Por su parte, el Papa Francisco accedió al pontificado con la mayor naturalidad del mundo. No consideró que las circunstancias de su elección tuviesen un significado especial. Se le designó Papa en muy pocas votaciones, lo que prueba la eficacia del sistema electoral, el contacto constante entre los cardenales de todo el mundo, el común conocimiento y el idéntico sentido de las necesidades de la Iglesia que todos ellos poseen. Nada hizo el Colegio cardenalicio que significase una situación excepcional o condicionase de algún modo la elección. Y el nuevo Pontífice salió al balcón central de San Pedro del modo más sencillo, pronunció las palabras más sencillas, encandiló a todo el mundo con la más sencilla humildad y el más directo modo de presentarse, de ofrecerse a la Iglesia y de pedir la ayuda de los fieles para la misión que el Espíritu acababa de confiarle. Y luego ha seguido dirigiendo a la Iglesia también del modo más sencillo. Se manifiesta cada día a las miradas de todos los hombres, habla y enseña y se le entiende siempre, y se toma su tiempo. De lo que él tenga tiempo, lo hará; para lo que no le dé tiempo, otro Papa vendrá. Lo sabe y no se impacienta.

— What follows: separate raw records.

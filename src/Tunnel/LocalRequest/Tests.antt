-- ===== src/Tunnel/LocalRequest/Tests.antt =====
-- Runs of the two functions.
use tuzy.Shared.{◌≡◌, refl, ◌↔◌, true, false, none, some, List, [], ◌∷◌}
use mathlib.Core.List.{Memᴰ}
use tuzy.Protocol.{Bytes}
use tuzy.Tunnel.CloseReason.{ascii_bytes}
use tuzy.Tunnel.Client.Backoff.{pos}
use tuzy.Tunnel.LocalRequest.{HeaderLine, Url, HttpLib, Request, streamed, build_local_request}
use tuzy.Tunnel.LocalRequest.Framing.{Builds, build_local_request-IsLocal}
use tuzy.Tunnel.LocalRequest.ResponseHeaders.{HeaderMap, response_headers}
use tuzy.Tunnel.LocalRequest.Forwarded.{IsRelayed, response_headers-IsRelayed}

abbrev local : Url
local = record {
  origin = ascii_bytes "http://localhost:3000";
  path = [];
  raw_path = [];
  raw_query = [];
  fragment = [];
}

abbrev toy : HttpLib
toy = record {
  lower = λ b. b;
  upper = λ b. b;
  trim_space = λ b. b;
  canonical = λ b. b;
  parse_int = λ b. some (pos 5);
  parse_request_uri = λ b. some (record local { path = b; raw_path = b });
  escaped_path = λ u. u.raw_path;
  new_request = λ m u. some (record { method = m; url = u; host = ascii_bytes "localhost:3000" });
}

abbrev lines : List HeaderLine
lines =
    (ascii_bytes "host", ascii_bytes "shop.tuzy.dev")
    ∷ (ascii_bytes "te", ascii_bytes "trailers")
    ∷ (ascii_bytes "content-length", ascii_bytes "5")
    ∷ (ascii_bytes "accept", ascii_bytes "*")
    ∷ []

abbrev order : Bytes
order = ascii_bytes "/order"

abbrev relayed : Request
relayed = record {
  method = ascii_bytes "POST";
  url = record local { path = order; raw_path = order };
  host = ascii_bytes "shop.tuzy.dev";
  header = (ascii_bytes "accept", ascii_bytes "*") ∷ [];
  silent = true;
  content_length = some 5;
  body = streamed;
}

relays_an_order :
    build_local_request toy local false (ascii_bytes "POST") order lines none ≡ some relayed
unfolding build_local_request
relays_an_order = refl

build_local_request-IsLocal_example :
    Builds toy false (ascii_bytes "POST") lines none local order relayed
build_local_request-IsLocal_example =
    build_local_request-IsLocal toy false (ascii_bytes "POST") lines none local order relayed
      relays_an_order

abbrev answered : HeaderMap
answered =
    (ascii_bytes "Connection", ascii_bytes "x-hop,close" ∷ [])
    ∷ (ascii_bytes "x-hop", ascii_bytes "1" ∷ [])
    ∷ (ascii_bytes "set-cookie", ascii_bytes "a" ∷ ascii_bytes "b" ∷ [])
    ∷ []

response_headers-IsRelayed_example :
    Memᴰ (ascii_bytes "x-hop", ascii_bytes "1") (response_headers toy answered)
    ↔ IsRelayed toy answered (ascii_bytes "x-hop", ascii_bytes "1")
response_headers-IsRelayed_example =
    response_headers-IsRelayed toy answered (ascii_bytes "x-hop") (ascii_bytes "1")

Se impacientan, ellos sí, los que vienen gritando que la Iglesia está podrida y la Santa Sede corrompida, y esperaban de Francisco que cogiera una escoba y empezara a barrer con estruendo y polvareda. Así se lograría lo que ellos pretenden: no que la Iglesia quede limpia, sino que se demuestre que está sucia. Pero el Papa no va a caer en esa trampa. Él no ha venido a satisfacer la inquina de los enemigos de Dios. Ya lo ha dicho varias veces: que todo lo que deba limpiarse se limpiará, no a golpes improvisados, sino tras estudios y análisis seguros; y ha empezado a hacerlo con calma y con prudencia. Si hay enfermedades, el diagnóstico y el remedio han de hacerse buscando el bien de la institución y la recuperación de los enfermos. Los que gritan otra cosa no aspiran al bien de la Iglesia, sino a destruirla. Y a eso no va a jugar el Papa, ni queremos que juegue a eso los que sabemos, desde los tiempos de Pedro, que los hombres somos débiles y poderosa en cambio la gracia de Dios.